Salary Indemnity Plan - Long Term

Frequently Asked Questions

Who pays the teacher’s fees?
Fees like BCTF, local dues and SIP are all waived while in receipt of both short and long-term benefits. However, those fees will be deducted for any portion the member is working accommodation employment.  (Regulation 7.3—locals and the BCTF also waive their fees)

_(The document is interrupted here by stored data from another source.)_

-- ===== src/Examples/Wire.antt =====
-- Messages that are encoded, sent and received.
use p.Base.{false, ◌+◌, ◌≡◌, refl, List, [], ◌∷◌, ◌++◌, take, inr, arith}
use p.Base.{length, ◌≤◌}
use p.Buffer.{write8, write16, write32, append, put_uint, ◌>>◌, skip}
use p.Buffer.Fields.{write_string, write_list}
use p.Types.Dirent.{Dirent}
use p.Messages.Session.{encode_tversion}
use p.Messages.Message.{payloader}
use p.Registry.{find_factory}
use p.Buffer.RoundTrip.{buffer, RoundTrips}
use p.Messages.Payload.{encode_rreaddir, decode_rreaddir}
use p.Messages.Payload.Listing.{sent_rreaddir, listing, fitting, LeavesOut, encode_rreaddir-longest}
use p.Messages.Message.{typ, set_payload}
use p.Messages.Message.Codec.{decode, encode}
use p.Messages.Message.Blank.{blank}
use p.Messages.Message.Fits.{sent}
use p.Messages.Message.Layout.{payload_of, decode-encode}
use p.Messages.Message.Shape.{fields_of}
use p.Registry.{get}
use p.Transport.{
  header_length, no_tag, send, received, failed, conn_error, too_large, invalid_type,
  no_valid_message, recv,
}
use p.Transport.Header.{header_bytes}
use p.Transport.RoundTrip.{recv-send, wire_size}
use p.Transport.Rejects.{recv_too_large, recv_unknown_type, recv_cut_fields}
use p.Examples.{
  hello, hello-Fits, entry_a, entry_b, directory, directory-RreaddirFits, registry,
  registry-IsReady,
}

hello-size : wire_size hello ≡ 21
unfolding encode payloader encode_tversion write32 write16 write8 write_string write_list append
    put_uint ◌>>◌ skip
hello-size = refl

hello-fields : length (fields_of hello) ≡ 14
unfolding encode encode_tversion write32 write16 write8 write_string write_list append put_uint ◌>>◌
    skip
hello-fields = refl

recv-send_example :
    recv 8192 registry (send 1 hello ++ 7 ∷ [])
    ≡ (received 1 (sent hello), (get (typ hello) registry).1, 7 ∷ [])
recv-send_example =
    recv-send 1 8192 hello registry (7 ∷ []) (omega arith) hello-Fits registry-IsReady
      (omega (arith, hello-size)) (omega (arith, hello-size))

recv_cut_fields_example :
    recv 8192 registry
      (header_bytes (header_length + 3) (typ hello) 1 ++ (take 3 (fields_of hello) ++ 7 ∷ []))
    ≡ (failed no_tag no_valid_message, (get (typ hello) registry).1, 7 ∷ [])
recv_cut_fields_example =
    recv_cut_fields 1 8192 3 hello registry (7 ∷ []) (omega arith) hello-Fits registry-IsReady
      (omega (arith, hello-size, hello-fields)) (omega arith) (omega arith)

recv_too_large_example :
    recv 8192 registry (header_bytes 9000 100 1 ++ 7 ∷ [])
    ≡ (conn_error (too_large 9000 8192), registry, 7 ∷ [])
recv_too_large_example =
    recv_too_large 8192 (record { size = 9000; typ = 100; tag = 1 }) registry (7 ∷ [])
      (record { size = omega arith; typ = omega arith; tag = omega arith }) (omega arith)
      (inr (omega arith))

-- 200 is no message type.
recv_unknown_type_example :
    recv 8192 registry (header_bytes 9 200 1 ++ ((1 ∷ 2 ∷ []) ++ 7 ∷ []))
    ≡ (failed 1 (invalid_type 200), registry, 7 ∷ [])
unfolding find_factory
recv_unknown_type_example =
    recv_unknown_type 8192 (record { size = 9; typ = 200; tag = 1 }) registry (1 ∷ 2 ∷ []) (7 ∷ [])
      (record { size = omega arith; typ = omega arith; tag = omega arith }) registry-IsReady refl
      (omega arith) (omega arith) (omega arith)

decode-encode_example :
    RoundTrips
      (λ b. (encode hello b).1)
      (decode (set_payload (payload_of hello) (blank hello)))
      (sent hello)
decode-encode_example = decode-encode hello hello-Fits

-- The second entry of the directory does not fit.
encode_rreaddir-longest_example :
    (kept rest : List Dirent) × (directory.entries ≡ kept ++ rest)
    × ((encode_rreaddir directory (buffer [] false)).0.payload ≡ listing kept)
    × ((encode_rreaddir directory (buffer [] false)).0.count ≡ length (listing kept))
    × ((encode_rreaddir directory (buffer [] false)).1
        ≡ write32 (length (listing kept)) (buffer [] false))
    × (length (listing kept) ≤ 40)
    × LeavesOut 0 40 kept rest
encode_rreaddir-longest_example =
    encode_rreaddir-longest directory (buffer [] false) directory-RreaddirFits
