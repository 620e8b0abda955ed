-- ===== src/Fsimpl.antt =====
-- fsimpl/: helpers that file systems are made of.
pub mod Readdir
pub mod Qids
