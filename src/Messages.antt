-- ===== src/Messages.antt =====
-- p9/messages.go: one record for each message, with its type and its layout.
pub mod Session
pub mod Walk
pub mod Open
pub mod Names
pub mod Make
pub mod Attributes
pub mod Transfer
pub mod Payload
pub mod Message
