-- ===== src/Types.antt =====
-- p9/p9.go: the types that messages are made of.
pub mod Qid
pub mod AttrMask
pub mod SetAttrMask
pub mod Attr
pub mod Dirent
pub mod Layout
pub mod Inclusion
pub mod MsgType
pub mod Rules
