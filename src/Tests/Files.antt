-- ===== src/Tests/Files.antt =====
-- Files on a server in memory, some of whose calls fail.
use py_xroot_dclient.Client.File.Kept.{writer_stays_open}
use py_xroot_dclient.Base.{
  ℕ, Bytes, [], ◌∷◌, take, drop, ◌≡◌, refl, arith, List, Bool, true, false, none, some, length, All,
  ◌≤◌,
}
use py_xroot_dclient.Base.Int.{pos}
use py_xroot_dclient.Base.Text.{codes}
use py_xroot_dclient.Errors.{Result, ok, err, transient_error, is_caught, is_transient}
use py_xroot_dclient.Proto.Requests.{Request, read, write, open_file}
use py_xroot_dclient.Client.Io.{◌>>=◌, state, pure, raise, modify, lift, try_except}
use py_xroot_dclient.Proto.Responses.Opened.{parse_open}
use py_xroot_dclient.Proto.Buffer.{take_bytes, remaining}
use py_xroot_dclient.Client.Link.{Link}
use py_xroot_dclient.Client.File.{
  Client, new_file, writing, bulk, bulk_direct, bulk_split, execute, ask_router, next_path,
  the_handle, this, update, on_router, recoverable, reopen, do_open, discard_owned,
  bind_data_streams, bind_streams, remove_path, path_with_cgi,
}
use py_xroot_dclient.Client.File.Carried.{Leaves}
use py_xroot_dclient.Client.Server.{IsReadable, IsWritable, Tried, splice, slice, overlay}
use py_xroot_dclient.Client.Read.{read_at, read_size, read_loop, read_one}
use py_xroot_dclient.Client.Read.Slice.{read_at_lem}
use py_xroot_dclient.Client.Write.{write_at, write_loop, invalidate}
use py_xroot_dclient.Client.Write.Lands.{write_at_lem}
use py_xroot_dclient.Tests.Pool.{ann, server}
use py_xroot_dclient.Proto.Requests.{sync}
use py_xroot_dclient.Client.Ranges.{ReadRange, batches, packed_length}
use py_xroot_dclient.Client.Ranges.Batches.{batches_lem, joined, sum_of}
use py_xroot_dclient.Client.Ranges.Packed.{packed_length-pack_pages}
use py_xroot_dclient.Crypto.Crc32c.Pages.{pack_pages}
use py_xroot_dclient.Client.Write.Checkpoints.{with_checkpoint-leaves}
use py_xroot_dclient.Client.Write.{write_pages, with_checkpoint}
use py_xroot_dclient.Client.Raw.{
  RawIo, seek, seek_target, write_next, check_writable, check_readable, check_open, is_writable,
  is_readable, on_file, readinto,
}
use py_xroot_dclient.Client.Raw.Refines.{
  Op, seek_to, seek_by, read_next, write_bytes, after_ops, perform_all, perform_all-after_ops,
}
use Prim.Native.Nat.{bit_or}

-- The contents of the file, and which of the next calls fail.
abbrev pub Disk : Type 0
Disk = Bytes × List Bool

abbrev serve : Request → Bytes → Bytes × Bytes
serve (read h (pos o) (pos k) p) c = (take k (drop o c), c)
serve (write h (pos o) bs p) c = ([], splice o bs c)
serve (open_file path options mode) c = (codes "hndl", c)
serve _ c = ([], c)

abbrev call : Request → Disk → Result Bytes × Unit {0} × Disk
call request (c, true ∷ fails) = (err transient_error, tt, (c, fails))
call request (c, false ∷ fails) = let out = serve request c in (ok out.0, tt, (out.1, fails))
call request (c, []) = let out = serve request c in (ok out.0, tt, (out.1, []))

abbrev pub memory : Link
memory = record {
  Net = Disk;
  Router = Unit {0};
  fresh = λ u c. tt;
  execute = λ r request n. call request n;
  direct = λ r request n. call request n;
  arrives = λ r n. (ok none, tt, n);
  bind_data_path = λ r n. (ok 1, tt, n);
  pin = λ t r. tt;
  close = λ r n. (tt, n);
  discard = λ r n. (tt, n);
}

abbrev pub contents_of : Disk → Bytes
contents_of d = d.0

reads_disk :
    (h : Bytes) (o k p : ℕ) (n : Disk)
    → Leaves
        (λ d (m : Disk). (m.0 ≡ n.0) × (d ≡ slice o k n.0))
        (λ (m : Disk). m.0 ≡ n.0)
        (call (read h (pos o) (pos k) p) n)
reads_disk h o k p (c, []) = (refl, refl)
reads_disk h o k p (c, true ∷ fails) = refl
reads_disk h o k p (c, false ∷ fails) = (refl, refl)

opens_disk :
    (path : Bytes) (options mode : ℕ) (n : Disk)
    → Leaves
        (λ d (m : Disk). m.0 ≡ n.0)
        (λ (m : Disk). m.0 ≡ n.0)
        (call (open_file path options mode) n)
opens_disk path options mode (c, []) = refl
opens_disk path options mode (c, true ∷ fails) = refl
opens_disk path options mode (c, false ∷ fails) = refl

writes_disk :
    (h : Bytes) (o : ℕ) (bs : Bytes) (p : ℕ) (n : Disk)
    → Leaves
        (λ d (m : Disk). m.0 ≡ splice o bs n.0)
        (Tried contents_of o bs n.0)
        (call (write h (pos o) bs p) n)
writes_disk h o bs p (c, []) = refl
writes_disk h o bs p (c, true ∷ fails) = refl
writes_disk h o bs p (c, false ∷ fails) = refl

pub memory-IsReadable : IsReadable memory contents_of
memory-IsReadable = record {
  arrives = λ r n. refl;
  binds = λ r n. refl;
  discards = λ r n. refl;
  opens = λ flags reading r path mode n. opens_disk path (bit_or flags 0x0400) mode n;
  reads = λ r h o k p n. reads_disk h o k p n;
  reads_sent = λ r h o k p n. reads_disk h o k p n;
}

pub memory-IsWritable : IsWritable memory contents_of
memory-IsWritable = record {
  writes = λ r h o bs p n some_bytes. writes_disk h o bs p n;
  writes_sent = λ r h o bs p n some_bytes. writes_disk h o bs p n;
}

abbrev pub encoded : List (Bytes × Bytes) → Bytes
encoded q = []

-- A file that was opened to read, with two data paths.
abbrev pub opened : ℕ → List Bool → Client memory
opened flags fails = record {
  file = record (new_file memory server ann none) {
    handle = some (codes "hndl");
    flags = flags;
    data_paths = 1 ∷ 1 ∷ [];
  };
  net = (codes "0123456789", fails);
}

-- The first attempt on a data path fails, and so does the second on the control link.
read_at_lem_example :
    (codes "23456" ≡ take 5 (drop 2 (codes "0123456789")))
    × ((read_at memory encoded (pos 5) 2 (opened 0x10 (true ∷ true ∷ false ∷ []))).1.net.0
        ≡ codes "0123456789")
unfolding read_at read_size read_loop read_one bulk bulk_direct bulk_split execute ask_router
    next_path the_handle this update on_router recoverable reopen do_open discard_owned
    bind_data_streams bind_streams remove_path ◌>>=◌ pure raise state modify lift try_except
    is_caught is_transient new_file path_with_cgi parse_open take_bytes remaining
read_at_lem_example =
    read_at_lem memory encoded contents_of memory-IsReadable
      (opened 0x10 (true ∷ true ∷ false ∷ [])) 5 2 refl

write_at_lem_example :
    (◌≡◌ {A = ℕ} 6 6)
    × ((write_at memory encoded
          (codes "abcdef")
          3
          (opened writing (true ∷ true ∷ false ∷ []))).1.net.0
        ≡ splice 3 (codes "abcdef") (codes "0123456789"))
unfolding write_at write_loop invalidate splice overlay bulk bulk_direct bulk_split execute
    ask_router next_path the_handle this update on_router recoverable reopen do_open discard_owned
    bind_data_streams bind_streams remove_path ◌>>=◌ pure raise state modify lift try_except
    is_caught is_transient new_file path_with_cgi parse_open
write_at_lem_example =
    write_at_lem memory encoded contents_of memory-IsReadable memory-IsWritable
      (opened writing (true ∷ true ∷ false ∷ [])) 97 (codes "bcdef") 3 (omega arith) refl refl

batches_lem_example :
    let rs : List ReadRange =
      record { offset = 0; length = 2000000 } ∷ record { offset = 9; length = 2000000 } ∷ [] in
    ((batches rs).1 ≡ none)
    × (joined (batches rs).0 ≡ rs)
    × All (λ b. (1 ≤ length b) × (length b ≤ 1024)) (batches rs).0
    × All (λ b. sum_of (λ (r : ReadRange). r.length) b ≤ 2097152) (batches rs).0
batches_lem_example =
    batches_lem
      (record { offset = 0; length = 2000000 } ∷ record { offset = 9; length = 2000000 } ∷ [])
      (omega arith, (omega arith, tt))

packed_length-pack_pages_example :
    packed_length 3 4094 ≡ length (pack_pages (λ b. length b) (codes "abc") 4094)
packed_length-pack_pages_example = packed_length-pack_pages (λ b. length b) (codes "abc") 4094

-- The begin succeeds, the body fails and so does the rollback.
with_checkpoint-leaves_example :
    (with_checkpoint memory
      (write_pages memory (λ b. 7) (codes "xy") 1)
      (opened writing (false ∷ true ∷ true ∷ []))).1.file.checkpoint
    ≡ false
unfolding new_file
with_checkpoint-leaves_example =
    with_checkpoint-leaves memory (write_pages memory (λ b. 7) (codes "xy") 1)
      (opened writing (false ∷ true ∷ true ∷ [])) refl

writer_stays_open_example :
    ((execute memory encoded (λ f h. ok (sync h)) (opened writing (true ∷ []))).1.file.handle
      ≡ (opened writing (true ∷ [])).file.handle)
    × ((execute memory encoded (λ f h. ok (sync h)) (opened writing (true ∷ []))).1.file.recoveries
        ≡ 0)
    × ((bulk memory encoded
          (λ h p. write h (pos 2) (codes "ab") p)
          (opened writing (true ∷ []))).1.file.handle
        ≡ (opened writing (true ∷ [])).file.handle)
    × ((bulk memory encoded
          (λ h p. write h (pos 2) (codes "ab") p)
          (opened writing (true ∷ []))).1.file.recoveries
        ≡ 0)
unfolding new_file
writer_stays_open_example =
    writer_stays_open memory encoded (opened writing (true ∷ [])) (λ e. cc) (λ f h. ok (sync h))
      (λ h p. write h (pos 2) (codes "ab") p)

abbrev pub stream : RawIo memory
stream = record {
  client = opened writing (true ∷ false ∷ []);
  mode = record { base = 114; binary = true; updating = true };
  at = 0;
  closed = false;
}

abbrev pub ops : List Op
ops =
    seek_to 2 ∷ (write_bytes 97 (codes "b") ∷ (seek_to 0 ∷ (seek_by (pos 1) ∷ (read_next 4 ∷ []))))

perform_all-after_ops_example :
    ([] ∷ ([] ∷ ([] ∷ ([] ∷ (codes "1ab4" ∷ [])))) ≡ (after_ops ops (codes "0123456789", 0)).0)
    × ((perform_all memory encoded ops stream).1.client.net.0
        ≡ (after_ops ops (codes "0123456789", 0)).1.0)
    × ((perform_all memory encoded ops stream).1.at ≡ (after_ops ops (codes "0123456789", 0)).1.1)
unfolding new_file perform_all seek seek_target write_next check_writable check_readable check_open
    is_writable is_readable on_file readinto read_at read_size read_loop read_one write_at
    write_loop invalidate splice overlay bulk bulk_direct bulk_split execute ask_router next_path
    the_handle this update on_router recoverable reopen do_open discard_owned bind_data_streams
    bind_streams remove_path ◌>>=◌ pure raise state modify lift try_except is_caught is_transient
    path_with_cgi parse_open take_bytes remaining
perform_all-after_ops_example =
    perform_all-after_ops memory encoded contents_of memory-IsReadable memory-IsWritable stream ops
      (omega arith) refl refl
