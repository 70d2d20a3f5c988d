-- ===== src/Tests/Journal/Server.antt =====
-- A server in memory that runs the frame of a write that src/xrd/client/file.py hands it in a
-- checkpoint.
use py_xroot_dclient.Base.{
  ℕ, Bytes, [], ◌∷◌, ◌++◌, ◌≡◌, ◌≤◌, ◌<◌, ◌%◌, ◌^◌, ◌==◌, if◌then◌else◌, take, drop, length, refl,
  sym, ap, ◌∙◌, subst, arith, none, take-length, drop-length, length-append, take-append-drop,
  replicate,
}
use mathlib.Core.List.{append_assoc, append-nil}
use py_xroot_dclient.Base.Int.{pos}
use py_xroot_dclient.Errors.{
  ◌>>=◌, Result, ok, err, value_error, ok-injective, >>=-eq-ok, check-eq-ok, protocol_error,
}
use py_xroot_dclient.Proto.Constants.{kxr_write}
use py_xroot_dclient.Proto.Buffer.{
  append_packed, of_be, be, pack_unsigned, pack_signed, Writer, u8, i64, padded, zeros, pad,
}
use py_xroot_dclient.Proto.Buffer.RoundTrip.{length-be, of_be-be, length-pad}
use py_xroot_dclient.Proto.Requests.{Request, write, chkpoint, params, payload, opcode, trailer}
use py_xroot_dclient.Proto.Frames.{encode}
use py_xroot_dclient.Proto.Frames.Layout.{encode-Layout, Layout, frame_split, read_opcode}
use py_xroot_dclient.Proto.Builders.{execute_checkpoint}
use py_xroot_dclient.Client.Link.{Link}
use py_xroot_dclient.Client.File.Carried.{Leaves}
use py_xroot_dclient.Client.Server.{splice}

-- The frame of a write is run, and no other.
abbrev run : Bytes → Bytes → Bytes
run frame c =
    if of_be 0 (take 2 (drop 2 frame)) == kxr_write
    then splice (of_be 0 (take 8 (drop 8 frame))) (drop 24 frame) c
    else c

abbrev answer : Request → Bytes → Result Bytes × Unit {0} × Bytes
answer (chkpoint h code head tail) c = (ok [], tt, run (head ++ tail) c)
answer _ c = (err value_error, tt, c)

abbrev pub journal : Link
journal = record {
  Net = Bytes;
  Router = Unit {0};
  fresh = λ u c. tt;
  execute = λ r request n. answer request n;
  direct = λ r request n. answer request n;
  arrives = λ r n. (ok none, tt, n);
  bind_data_path = λ r n. (ok 1, tt, n);
  pin = λ t r. tt;
  close = λ r n. (tt, n);
  discard = λ r n. (tt, n);
}

-- A write that has no frame is never sent.
abbrev without_frame : Request → Bytes → Bytes
without_frame (write h (pos o) bs p) c = splice o bs c
without_frame _ c = c

abbrev run_encoded : Result Bytes → Request → Bytes → Bytes
run_encoded (ok frame) inner c = run frame c
run_encoded (err e) inner c = without_frame inner c

abbrev pub effect : Request → Bytes → Bytes
effect inner c = run_encoded (encode inner 0) inner c

pub journal_runs :
    (inner outer : Request) (h : Bytes) (r : Unit {0}) (n : Bytes)
    → execute_checkpoint h inner ≡ ok outer
    → Leaves (λ b (m : Bytes). m ≡ effect inner n) (λ m. Unit) (answer outer n)
unfolding execute_checkpoint
journal_runs inner outer h r n e =
    let allowed = check-eq-ok _ protocol_error _ e in
    let framed = >>=-eq-ok (encode inner 0) _ allowed.1 in
    subst (λ (q : Request). Leaves (λ b (m : Bytes). m ≡ effect inner n) (λ m. Unit) (answer q n))
      (ok-injective _ outer framed.2)
      (ap (λ (f : Bytes). run f n) (take-append-drop 24 framed.0)
        ∙ ap (λ (t : Result Bytes). run_encoded t inner n) (sym framed.1))

packed_offset : (o : ℕ) (bs : Bytes) → pack_signed 8 (pos o) ≡ ok bs → (o < 256 ^ 8) × (bs ≡ be 8 o)
unfolding pack_signed
packed_offset o bs h = ground arith

one_zero : u8 0 ≡ λ w. ok (w ++ (0 ∷ []))
unfolding u8 pack_unsigned be
one_zero = refl

params_of_write :
    (k : Bytes) (o : ℕ) (bs ps : Bytes)
    → params (write k (pos o) bs 0) [] ≡ ok ps
    → (o < 256 ^ 8) × (ps ≡ pad k 4 ++ (be 8 o ++ replicate 4 0))
unfolding params padded i64 zeros
params_of_write k o bs ps e = packed (pack_signed 8 (pos o)) refl (
    subst
      (λ (f : Writer → Result Writer).
        (append_packed (pack_signed 8 (pos o)) (pad k 4) >>= f >>= zeros 3) ≡ ok ps)
      one_zero e)
  where
    packed :
        (t : Result Bytes)
        → pack_signed 8 (pos o) ≡ t
        → (append_packed t (pad k 4) >>= (λ w. ok (w ++ (0 ∷ []))) >>= zeros 3) ≡ ok ps
        → (o < 256 ^ 8) × (ps ≡ pad k 4 ++ (be 8 o ++ replicate 4 0))
    packed (ok b) q e =
        let (fits, same) = packed_offset o b q in
        (
          fits,
          sym (ok-injective _ ps e)
              ∙ append_assoc (pad k 4 ++ b) (0 ∷ []) (replicate 3 0)
              ∙ append_assoc (pad k 4) b (replicate 4 0)
              ∙ ap (λ (x : Bytes). pad k 4 ++ (x ++ replicate 4 0)) same,
        )
    packed (err x) q e = absurd (cc)

drop_at : (n : ℕ) (xs ys : Bytes) → length xs ≡ n → drop n (xs ++ ys) ≡ ys
drop_at n xs ys e = rw (sym e) (drop-length xs ys)

take_at : (n : ℕ) (xs ys : Bytes) → length xs ≡ n → take n (xs ++ ys) ≡ xs
take_at n xs ys e = rw (sym e) (take-length xs ys)

number_at :
    (front more : Bytes) (o : ℕ)
    → length front ≡ 8
    → o < 256 ^ 8
    → of_be 0 (take 8 (drop 8 (front ++ (be 8 o ++ more)))) ≡ o
number_at front more o e fits =
    rw
      (
        drop_at 8 front (be 8 o ++ more) e,
        take_at 8 (be 8 o) more (length-be 8 o),
        of_be-be 8 o 0 fits,
      )
      (omega arith)

regroup :
    (a b c d e f g : Bytes)
    → (((a ++ b) ++ (c ++ (d ++ e))) ++ f) ++ g ≡ ((a ++ b) ++ c) ++ (d ++ (e ++ (f ++ g)))
regroup a b c d e f g = simp append_assoc

offset_of :
    (k : Bytes) (o : ℕ) (bs frame : Bytes)
    → Layout (write k (pos o) bs 0) 0 frame
    → of_be 0 (take 8 (drop 8 frame)) ≡ o
offset_of k o bs frame l =
    let (fits, e) = params_of_write k o bs l.ps l.ps_from in
    rw (l.bytes, e)
      (ap (λ (f : Bytes). of_be 0 (take 8 (drop 8 f)))
          (regroup (be 2 (0 % 2 ^ 16)) (be 2 (opcode (write k (pos o) bs 0))) (pad k 4) (be 8 o)
            (replicate 4 0) _ _)
        ∙ number_at ((be 2 (0 % 2 ^ 16) ++ be 2 (opcode (write k (pos o) bs 0))) ++ pad k 4) _ o
            (omega (
              arith,
              length-append (be 2 (0 % 2 ^ 16) ++ be 2 (opcode (write k (pos o) bs 0))) (pad k 4),
              length-append (be 2 (0 % 2 ^ 16)) (be 2 (opcode (write k (pos o) bs 0))),
              length-be 2 (0 % 2 ^ 16),
              length-be 2 (opcode (write k (pos o) bs 0)),
              length-pad k 4,
            ))
            fits)

pub journal_writes :
    (k : Bytes) (o : ℕ) (bs c : Bytes)
    → 1 ≤ length bs
    → effect (write k (pos o) bs 0) c ≡ splice o bs c
unfolding opcode payload trailer
journal_writes k o bs c some_bytes = by_frame (encode (write k (pos o) bs 0) 0) refl
  where
    by_frame :
        (t : Result Bytes)
        → encode (write k (pos o) bs 0) 0 ≡ t
        → run_encoded t (write k (pos o) bs 0) c ≡ splice o bs c
    by_frame (ok frame) e =
        let l = encode-Layout (write k (pos o) bs 0) 0 frame e in
        rw
          (
            read_opcode (write k (pos o) bs 0) 0 frame l,
            offset_of k o bs frame l,
            frame_split (write k (pos o) bs 0) 0 frame l,
            append-nil l.body,
            sym (ok-injective _ l.body l.body_from),
          )
          refl
    by_frame (err e) q = refl
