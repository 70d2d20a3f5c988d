-- ===== src/Tests/Journal.antt =====
-- A write of src/xrd/client/file.py in a checkpoint.
mod Server
use py_xroot_dclient.Base.{◌∷◌, ◌≡◌, refl, arith, true, none, some}
use py_xroot_dclient.Base.Text.{codes}
use py_xroot_dclient.Proto.Buffer.{
  raw, u16, u32, be, pack_unsigned, pack_signed, u8, i64, padded, zeros, pad,
}
use py_xroot_dclient.Proto.Requests.{params, payload, opcode, path_data, trailer}
use py_xroot_dclient.Proto.Frames.{encode, finish, header}
use py_xroot_dclient.Proto.Builders.{execute_checkpoint}
use py_xroot_dclient.Client.File.{Client, new_file, this, the_handle, on_router, update}
use py_xroot_dclient.Client.Write.Journal.{checkpointed_lands, by_write, make, made}
use py_xroot_dclient.Client.Io.{◌>>=◌, state, pure, lift, modify, raise}
use py_xroot_dclient.Client.Write.{write_at, write_loop, submit_write, invalidate}
use py_xroot_dclient.Crypto.Sigver.{elem}
use py_xroot_dclient.Tests.Pool.{ann, server}
use py_xroot_dclient.Tests.Files.{encoded}
use py_xroot_dclient.Tests.Journal.Server.{journal, effect, journal_runs, journal_writes}

-- In a checkpoint, with chunks of three bytes.
abbrev inside : Client journal
inside = record {
  file =
      let f = new_file journal server ann none in
      record f {
        handle = some (codes "hndl");
        checkpoint = true;
        config = record f.config { chunk_size = 3 };
      };
  net = codes "0123456789";
}

checkpointed_lands_example :
    (make journal encoded (λ b. 7) (by_write 97 (codes "bcd") 2) inside).1.net
    ≡ made journal encoded
        (λ b. 7)
        effect
        (codes "hndl")
        (by_write 97 (codes "bcd") 2)
        (codes "0123456789")
unfolding new_file write_at ◌>>=◌ this state pure write_loop the_handle submit_write lift
    execute_checkpoint elem opcode encode params padded i64 on_router update modify raise invalidate
    be pack_signed pack_unsigned pad u16 u32 u8 raw zeros finish header path_data payload trailer
checkpointed_lands_example =
    checkpointed_lands journal encoded (λ b. 7) (λ n. n) effect journal_runs journal_writes inside
      (codes "hndl") refl refl refl (omega arith) (by_write 97 (codes "bcd") 2) 4 refl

Members pay a fee (in 2012, the fee was 1.63%) that is allocated to the short-term and long-term portion of the Salary Indemnity Plan. That fee is fixed annually at the AGM of the BCTF. Members may withdraw from paying the long-term portion of the fee once they have reached factor 88 (sum of age and years of service) or 64 years of age or age 65. However, withdrawal should only occur if the member has enough sick days accumulated that will allow them to remain at full salary should they become medically unable to work prior to reaching factor 90. 

 

Are my medical bills paid by GWL? 
No, SIP Regulation 3.8 says: “Expenses incurred by the member in obtaining medical certificates or other requested information under this regulation shall be borne by the member….” The only exception is when a member is required to submit to an independent medical examination (IME) by medical professionals selected by the plan administrator
(Regulation 3.4).

 

You have my claim, how long do I wait for a decision?  What is the LTD claim process?
If they have the necessary information, GWL often turns around a decision within a few weeks.  However, it is not unusual for GWL to require further medical information or a clarification on the medical information submitted as part of the application.  If this is the case, members are notified by GWL.  It is likely GWL will telephone a member for an interview prior to the decision. Once a decision has been reached the member is contacted by telephone with a follow-up letter.

 

Why does GWL ask for additional medical and other information?
SIP Regulation 3.7 indicates that: “A member in receipt of benefits for more than three months will be required to provide supporting medical evidence indicating that he/she is receiving ongoing care and treatment by a licensed specialist physician for that disability, or a registered psychologist as directed by a licensed physician except where the plan administrator is aware that the disability is terminal.” 
All regulations are passed at BCTF Annual General Meetings by a 75% majority of the delegates.  Great-West Life must adjudicate and manage the claims according to the regulations they have been given.

 

What happens to my extended health benefits and am I covered?
While on LTD benefits a member’s continued involvement in their district’s extended health benefits plan (EHB) will depend on the language in their Collective Agreement. Many plans require members to pay both the employee and employer’s share of contributions to remain on their EHB plan while on LTD. It is important to check with your local union office to ensure you maintain coverage while on LTD.